Paper of the week: Incoop
MapReduce for Incremental Computations
This week I am writing about Incoop, a system developed to support incremental computations. Incoop transparently extends Hadoop MapReduce, i.e. existing applications can be executed on it without changing any code.
Incoop's motivation comes from the observation that a large amount of MapReduce jobs need to be run repeatedly with slightly different (most often augmented) input. This obviously leads to redundant computations and inefficiencies. In order to overcome this problem, one has to specially design their MapReduce application to handle this case by storing and using state across multiple runs. Incoop's goal is to handle such cases without demanding any extra effort from the programmer.
Incoop extends Hadoop to support incremental computations by making three important modifications:
- Inc-HDFS: A modified HDFS which splits data depending on file contents instead of size
- Contraction Phase: An additional computation phase added before the Reduce phase, used to control task granularity
- Memoization-aware Scheduler: An improved scheduler which takes into account data locality of previously computed results while also using a work-stealing algorithm.
System Overview
The main goal of Incoop is supporting incremental computations while offering transparency and efficiency. Transparency means being backwards compatible, which puts a limitation on the modifications one can make on the initial MapReduce model. On the other hand, efficiency is mainly determined by the granularity of the elements which can be reused.
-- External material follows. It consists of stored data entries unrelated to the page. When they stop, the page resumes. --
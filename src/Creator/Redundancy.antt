-- ===== src/Creator/Redundancy.antt =====
-- ComputeRecoveryBlockCount and CalculateProcessBlockSize of par2creator.cpp. The number that the
-- redundancy in per cent comes to, rounded in floating point, is an argument, and so is whether
-- the redundancy is positive.
use mathlib.Core.Option.{some-injective}
use native.Mathlib.Nat.{div-mul-le_self, div-lt_iff_lt-mul, mul-le-mul_right}
use par2tbb.Base.{ℕ, ◌+◌, ◌-◌, ◌*◌, ◌/◌, ◌%◌, ◌≤◌, ◌<◌, ◌^◌, ◌≡◌, ◌⊎◌, ◌↔◌, inl, inr, refl, arith}
use par2tbb.Base.{
  Bool, true, false, Bool-cases, ◌&&◌, ltb, leb, ◌==◌, if◌then◌else◌, Option, none, some,
}
use par2tbb.Creator.{Creator, u32, u64}

unfoldable pub compute_recovery_block_count : ℕ → Bool → Creator → Option Creator
compute_recovery_block_count rounded positive c =
    let count = if (rounded == 0) && positive then 1 else rounded in
    if ltb 65536 count
    then none
    else if leb 65536 (u32 (c.firstrecoveryblock + count))
    then none
    else some (record c { recoveryblockcount = count })

unfoldable pub calculate_process_block_size : ℕ → Creator → Creator
calculate_process_block_size memorylimit c =
    let chunk = memorylimit / c.recoveryblockcount in
    if c.recoveryblockcount == 0
    then record c { deferhashcomputation = false }
    else if ltb memorylimit (u64 (c.blocksize * c.recoveryblockcount))
    then record c { chunksize = chunk - chunk % 4; deferhashcomputation = false }
    else record c { chunksize = c.blocksize; deferhashcomputation = true }

-- For a first exponent below 2^31, a ComputeRecoveryBlockCount that succeeds leaves exponents
-- below 65536, and the rounded number, or 1 in place of 0 for a redundancy above 0.
pub compute_recovery_block_count_lem :
    (c d : Creator) (rounded : ℕ) (positive : Bool)
    → c.firstrecoveryblock < 2 ^ 31
    → compute_recovery_block_count rounded positive c ≡ some d
    → (c.firstrecoveryblock + d.recoveryblockcount < 65536)
      × ((d.recoveryblockcount ≡ rounded)
          ⊎ ((rounded ≡ 0) × (positive ≡ true) × (d.recoveryblockcount ≡ 1)))
unfolding compute_recovery_block_count
compute_recovery_block_count_lem c d rounded positive first done =
    let count = if (rounded == 0) && positive then 1 else rounded in
    elim (Bool-cases (ltb 65536 count)) [
      | inl many ↦ absurd (cc (rw many at done))
      | inr few ↦ elim (Bool-cases (leb 65536 (u32 (c.firstrecoveryblock + count)))) [
        | inl high ↦ absurd (cc (rw (few, high) at done))
        | inr low ↦
            let result = some-injective _ d (rw (few, low) at done) in
            let chosen : (count ≡ rounded) ⊎ ((rounded ≡ 0) × (positive ≡ true) × (count ≡ 1)) =
              elim (Bool-cases (rounded == 0)) [
                | inl zero_blocks ↦ elim (Bool-cases positive) [
                  | inl asked ↦ inr (ground arith, asked, rw (zero_blocks, asked) refl)
                  | inr unasked ↦ inl (rw (zero_blocks, unasked) refl)
                ]
                | inr some_blocks ↦ inl (rw some_blocks refl)
              ] in
            rw (← result) (ground arith, chosen)
      ]
    ]

-- For a block size that is a multiple of 4, and recovery data of less than 2^64 bytes and not
-- none, the chunks of all recovery blocks fit in the memory limit, a chunk is at most a block
-- and a multiple of 4, and the hash computation is deferred exactly when whole blocks fit.
pub calculate_process_block_size_lem :
    (c : Creator) (memorylimit : ℕ)
    → c.blocksize * c.recoveryblockcount < 2 ^ 64
    → c.blocksize % 4 ≡ 0
    → 0 < c.recoveryblockcount
    → let d = calculate_process_block_size memorylimit c in
      (d.chunksize * c.recoveryblockcount ≤ memorylimit)
      × (d.chunksize ≤ c.blocksize)
      × (d.chunksize % 4 ≡ 0)
      × ((d.deferhashcomputation ≡ true) ↔ (c.blocksize * c.recoveryblockcount ≤ memorylimit))
unfolding calculate_process_block_size
calculate_process_block_size_lem c memorylimit fits whole some_blocks =
    let n = c.recoveryblockcount in
    let chunk = memorylimit / n in
    let test : (n == 0) ≡ false = ground arith in
    elim (Bool-cases (ltb memorylimit (u64 (c.blocksize * n)))) [
      | inl over ↦
          let more : memorylimit < c.blocksize * n = ground arith in
          let room : (chunk - chunk % 4) * n ≤ chunk * n = mul-le-mul_right n (omega arith) in
          let below : chunk < c.blocksize =
            (div-lt_iff_lt-mul {k = n} {x = memorylimit} {y = c.blocksize} some_blocks).1 more in
          rw (test, over)
            (
              omega (arith, div-mul-le_self memorylimit n),
              omega arith,
              omega arith,
              ((λ h. absurd (cc)), (λ h. absurd (omega arith))),
            )
      | inr within ↦
          rw (test, within) (ground arith, omega arith, whole, ((λ h. ground arith), (λ h. refl)))
    ]
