-- ===== src/DataBlock.antt =====
-- datablock.h and datablock.cpp: a piece of a file on disk, read and written by position.
-- The buffer that a read fills is its result, and `none` is the result `false`.
pub mod Bounds
pub mod Copy
pub mod Split
pub mod Allocate
use par2tbb.Base.{
  ℕ, ◌+◌, ◌-◌, ◌≤◌, min, ltb, leb, if◌then◌else◌, Bool, true, false, length, take, drop,
}
use par2tbb.Base.{Option, none, some, List, [], ◌∷◌, ◌++◌, replicate}
use par2tbb.Checksummer.{Disk, read, overwrite}
use par2tbb.Md5.Stream.{zero_bytes}

pub record DataBlock : Type 0 where
  pub diskfile : Option ℕ
  pub offset : ℕ
  pub length : ℕ

-- DataBlock::DataBlock
abbrev pub no_block : DataBlock
no_block = record { diskfile = none; offset = 0; length = 0 }

-- SetLength, SetLocation and ClearLocation
unfoldable pub set_length : ℕ → DataBlock → DataBlock
set_length length b = record b { length = length }

unfoldable pub set_location : ℕ → ℕ → DataBlock → DataBlock
set_location diskfile offset b = record b { diskfile = some diskfile; offset = offset }

unfoldable pub clear_location : DataBlock → DataBlock
clear_location b = record b { diskfile = none; offset = 0 }

-- IsSet
abbrev pub is_some : Option ℕ → Bool
is_some none = false
is_some (some file) = true

unfoldable pub block_is_set : DataBlock → Bool
block_is_set b = is_some b.diskfile

-- The rest of a buffer of `size` bytes zeroed behind what was read.
unfoldable pub zero_rest : ℕ → Option (List ℕ) → Option (List ℕ)
zero_rest size none = none
zero_rest size (some bytes) = some (bytes ++ zero_bytes (size - length bytes))

-- ReadData of `size` bytes at `position`, from the file of the block.
unfoldable pub read_data : Disk → DataBlock → ℕ → ℕ → Option (List ℕ)
read_data d b position size =
    let want = min size (b.length - position) in
    if ltb position b.length
    then zero_rest size (read d (b.offset + position) want)
    else some (zero_bytes size)

-- A file that can be written: DiskFile::Write puts the bytes at their place in a file that is
-- large enough, or fails.
pub record Volume : Type 0 where
  pub disk : Disk
  pub writable : ℕ → ℕ → Bool

unfoldable pub write : Volume → ℕ → List ℕ → Option Volume
write v offset bytes =
    if v.writable offset (length bytes)
    then some
        (record v { disk = record v.disk { contents = overwrite v.disk.contents offset bytes } })
    else none

abbrev pub wrote_all : ℕ → Option Volume → Option (ℕ × Volume)
wrote_all have none = none
wrote_all have (some v) = some (have, v)

-- WriteData of a buffer at `position`: the number of bytes written, and the file after it.
unfoldable pub write_data : Volume → DataBlock → ℕ → List ℕ → Option (ℕ × Volume)
write_data v b position bytes =
    let have = min (length bytes) (b.length - position) in
    if ltb position b.length
    then wrote_all have (write v (b.offset + position) (take have bytes))
    else some (0, v)
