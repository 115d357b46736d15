-- ===== src/DataBlock/Split.antt =====
-- The blocks of one file: InitialiseSourceBlocks of par2creatorsourcefile.cpp, SetBlocks and
-- SetBlockCount of par2repairersourcefile.cpp.
use native.Mathlib.Nat.{div-lt_iff_lt-mul, div-mul-le_self}
use par2tbb.Base.{
  ℕ, zero, suc, ◌+◌, ◌-◌, ◌*◌, ◌/◌, ◌^◌, ◌≤◌, ◌<◌, ◌≡◌, ◌⊎◌, inl, inr, refl, ap, ◌∙◌, arith, min,
}
use par2tbb.Base.{List, [], ◌∷◌, length, some}
use par2tbb.Creator.{u32, u64}
use par2tbb.DataBlock.{DataBlock, set_length, set_location}

-- A difference of the type u64.
abbrev pub sub64 : ℕ → ℕ → ℕ
sub64 a b = u64 (a + (2 ^ 64 - u64 b))

-- The length of a block, by its number.
abbrev pub block_length : ℕ → ℕ → ℕ → ℕ
block_length filesize blocksize number = min blocksize (sub64 filesize (u64 (number * blocksize)))

-- The loop of InitialiseSourceBlocks for `left` blocks from `number` on: the blocks, and those of
-- later files.
unfoldable pub initialise_blocks : ℕ → ℕ → ℕ → ℕ → ℕ → List DataBlock → List DataBlock
initialise_blocks zero number diskfile filesize blocksize blocks = blocks
initialise_blocks (suc left) number diskfile filesize blocksize [] = []
initialise_blocks (suc left) number diskfile filesize blocksize (b ∷ bs) =
    set_length (block_length filesize blocksize number)
      (set_location diskfile (u64 (number * blocksize)) b)
    ∷ initialise_blocks left (u32 (number + 1)) diskfile filesize blocksize bs

-- The member blockcount of the creator's source file, and InitialiseSourceBlocks.
unfoldable pub source_block_count : ℕ → ℕ → ℕ
source_block_count filesize blocksize = u32 (sub64 (filesize + blocksize) 1 / blocksize)

unfoldable pub initialise_source_blocks : ℕ → ℕ → ℕ → List DataBlock → List DataBlock
initialise_source_blocks diskfile filesize blocksize blocks =
    initialise_blocks (source_block_count filesize blocksize) 0 diskfile filesize blocksize blocks

-- SetBlocks for `left` blocks from `number` on.
unfoldable pub set_blocks : ℕ → ℕ → ℕ → ℕ → List DataBlock → List DataBlock
set_blocks zero number filesize blocksize blocks = blocks
set_blocks (suc left) number filesize blocksize [] = []
set_blocks (suc left) number filesize blocksize (b ∷ bs) =
    set_length (block_length filesize blocksize number) b
    ∷ set_blocks left (u32 (number + 1)) filesize blocksize bs

-- The lengths of blocks, their sum, and blocks that lie one behind the other in a file.
abbrev pub lengths : List DataBlock → List ℕ
lengths [] = []
lengths (b ∷ bs) = b.length ∷ lengths bs

abbrev pub sum : List ℕ → ℕ
sum [] = 0
sum (n ∷ ns) = n + sum ns

abbrev pub AreWithin : ℕ → List DataBlock → Type 0
AreWithin blocksize [] = 0 < 1
AreWithin blocksize (b ∷ bs) = (0 < b.length) × (b.length ≤ blocksize) × AreWithin blocksize bs

abbrev pub AreInLine : ℕ → ℕ → List DataBlock → Type 0
AreInLine diskfile offset [] = 0 < 1
AreInLine diskfile offset (b ∷ bs) =
    (b.diskfile ≡ some diskfile) × (b.offset ≡ offset) × AreInLine diskfile (offset + b.length) bs

same_lengths :
    (left number diskfile filesize blocksize : ℕ) (bs cs : List DataBlock)
    → length bs ≡ left
    → length cs ≡ left
    → lengths (set_blocks left number filesize blocksize bs)
      ≡ lengths (initialise_blocks left number diskfile filesize blocksize cs)
unfolding set_blocks initialise_blocks set_length set_location
same_lengths zero number diskfile filesize blocksize [] [] hb hc = refl
same_lengths zero number diskfile filesize blocksize (b ∷ bs) cs hb hc = absurd (omega arith)
same_lengths zero number diskfile filesize blocksize [] (c ∷ cs) hb hc = absurd (omega arith)
same_lengths (suc left) number diskfile filesize blocksize [] cs hb hc = absurd (omega arith)
same_lengths (suc left) number diskfile filesize blocksize (b ∷ bs) [] hb hc = absurd (omega arith)
same_lengths (suc left) number diskfile filesize blocksize (b ∷ bs) (c ∷ cs) hb hc =
    ap (λ r. block_length filesize blocksize number ∷ r)
      (same_lengths left (u32 (number + 1)) diskfile filesize blocksize bs cs (omega arith)
        (omega arith))

-- A whole number of blocks covers what is left of the file, the last one in part.
pub record IsCut (blocksize rest diskfile offset : ℕ) (blocks : List DataBlock) : Type 0 where
  pub covered : sum (lengths blocks) ≡ rest
  pub within : AreWithin blocksize blocks
  pub in_line : AreInLine diskfile offset blocks

-- A block that is not the last one is a whole one.
last_or_full :
    (left blocksize rest offset number : ℕ)
    → number * blocksize ≡ offset
    → suc left * blocksize < rest + blocksize
    → (left ≡ 0) ⊎ ((number + 1) * blocksize ≡ offset + min blocksize rest)
last_or_full zero blocksize rest offset number at tight = inl refl
last_or_full (suc left) blocksize rest offset number at tight = inr (omega arith)

last_tight :
    (left blocksize rest : ℕ)
    → 0 < blocksize
    → rest ≤ suc left * blocksize
    → suc left * blocksize < rest + blocksize
    → (rest - min blocksize rest ≤ left * blocksize)
      × (left * blocksize < rest - min blocksize rest + blocksize)
last_tight zero blocksize rest positive cover tight = (omega arith, omega arith)
last_tight (suc left) blocksize rest positive cover tight = (omega arith, omega arith)

initialise-IsCut :
    (left number diskfile filesize blocksize rest offset : ℕ) (bs : List DataBlock)
    → length bs ≡ left
    → number + left < 2 ^ 32
    → filesize + blocksize < 2 ^ 64
    → (left ≡ 0) ⊎ (number * blocksize ≡ offset)
    → offset + rest ≡ filesize
    → rest ≤ left * blocksize
    → left * blocksize < rest + blocksize
    → IsCut blocksize rest diskfile offset
        (initialise_blocks left number diskfile filesize blocksize bs)
unfolding initialise_blocks set_length set_location
initialise-IsCut zero number diskfile filesize blocksize rest offset [] size few bound at total
      cover tight =
    record { covered = omega arith; within = omega arith; in_line = omega arith }
initialise-IsCut zero number diskfile filesize blocksize rest offset (b ∷ bs) size few bound at
      total cover tight =
    absurd (omega arith)
initialise-IsCut (suc left) number diskfile filesize blocksize rest offset [] size few bound at
      total cover tight =
    absurd (omega arith)
initialise-IsCut (suc left) number diskfile filesize blocksize rest offset (b ∷ bs) size few bound
      at total cover tight =
    let here : number * blocksize ≡ offset = ground arith in
    let next : u32 (number + 1) ≡ number + 1 = omega arith in
    let product : (number + 1) * blocksize ≡ number * blocksize + blocksize = omega arith in
    let place : u64 (number * blocksize) ≡ offset = omega arith in
    let left_here : sub64 filesize offset ≡ rest = omega arith in
    let piece = min blocksize rest in
    let some_rest : 0 < rest = omega arith in
    let some_piece : 0 < piece = omega arith in
    let cases : (left ≡ 0) ⊎ ((number + 1) * blocksize ≡ offset + piece) =
      last_or_full left blocksize rest offset number here tight in
    let edges = last_tight left blocksize rest (omega arith) cover tight in
    let cut =
      initialise-IsCut left (number + 1) diskfile filesize blocksize (rest - piece) (offset + piece)
        bs (omega arith) (omega arith) bound cases (omega arith) edges.0 edges.1 in
    rw (place, left_here, next)
      record {
        covered = omega (arith, cut.covered);
        within = (some_piece, omega arith, cut.within);
        in_line = (refl, refl, cut.in_line);
      }

-- For a positive block size, sizes whose sum fits in 64 bits, and a number of blocks that fits
-- in 32 bits, InitialiseSourceBlocks cuts a file into blocks of one byte to the block size that
-- lie one behind the other from the start of the file and sum to its size, when it is given as
-- many blocks as the file's blockcount; and SetBlocks of the repairer gives as many blocks the
-- same lengths.
pub initialise_source_blocks_lem :
    (filesize blocksize diskfile : ℕ) (created repaired : List DataBlock)
    → 0 < blocksize
    → filesize + blocksize < 2 ^ 64
    → (filesize + blocksize - 1) / blocksize < 2 ^ 32
    → length created ≡ source_block_count filesize blocksize
    → length repaired ≡ length created
    → let blocks = initialise_source_blocks diskfile filesize blocksize created in
      let count = source_block_count filesize blocksize in
      IsCut blocksize filesize diskfile 0 blocks
      × (lengths (set_blocks count 0 filesize blocksize repaired) ≡ lengths blocks)
unfolding initialise_source_blocks
initialise_source_blocks_lem filesize blocksize diskfile created repaired positive bound few size
      same =
    let count = source_block_count filesize blocksize in
    let up = filesize + blocksize - 1 in
    let exact : count ≡ up / blocksize =
      unfold source_block_count in
      ap (λ n. u32 (n / blocksize)) {x = sub64 (filesize + blocksize) 1} {y = up} (omega arith)
      ∙ omega arith in
    let low : up / blocksize * blocksize ≤ up = div-mul-le_self up blocksize in
    let high : up < (up / blocksize + 1) * blocksize =
      (div-lt_iff_lt-mul {k = blocksize} {x = up} {y = up / blocksize + 1} positive).0
        (omega arith) in
    let product : count * blocksize ≡ up / blocksize * blocksize = ap (λ n. n * blocksize) exact in
    let next : (up / blocksize + 1) * blocksize ≡ count * blocksize + blocksize = omega arith in
    (
      initialise-IsCut count 0 diskfile filesize blocksize filesize 0 created size (omega arith)
          bound (inr (omega arith)) (omega arith) (omega arith) (omega arith),
      same_lengths count 0 diskfile filesize blocksize repaired created (same ∙ size) size,
    )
To achieve these goals, Incoop modified HDFS and the MapReduce Scheduler and also added a memoization server in the architecture. The memoization server is a simply stores a mapping from the input of a computation to its output. Whenever a task runs, it queries the server to find out if the result it is going to produce already exists. A high-level view of the system is shown below:
Inc-HDFS
Incremental HDFS mainly differs from original HDFs in the way that data partitioned into chunks. In original HDFS, data is divided into fixed-sized blocks and these blocks are also the units of computation for a map task. This design is not suitable for incremental computations, as the slightest change in the input could affect all subsequent blocks. One could propose computing differences between the entire input files, but this choices would be too expensive in our case.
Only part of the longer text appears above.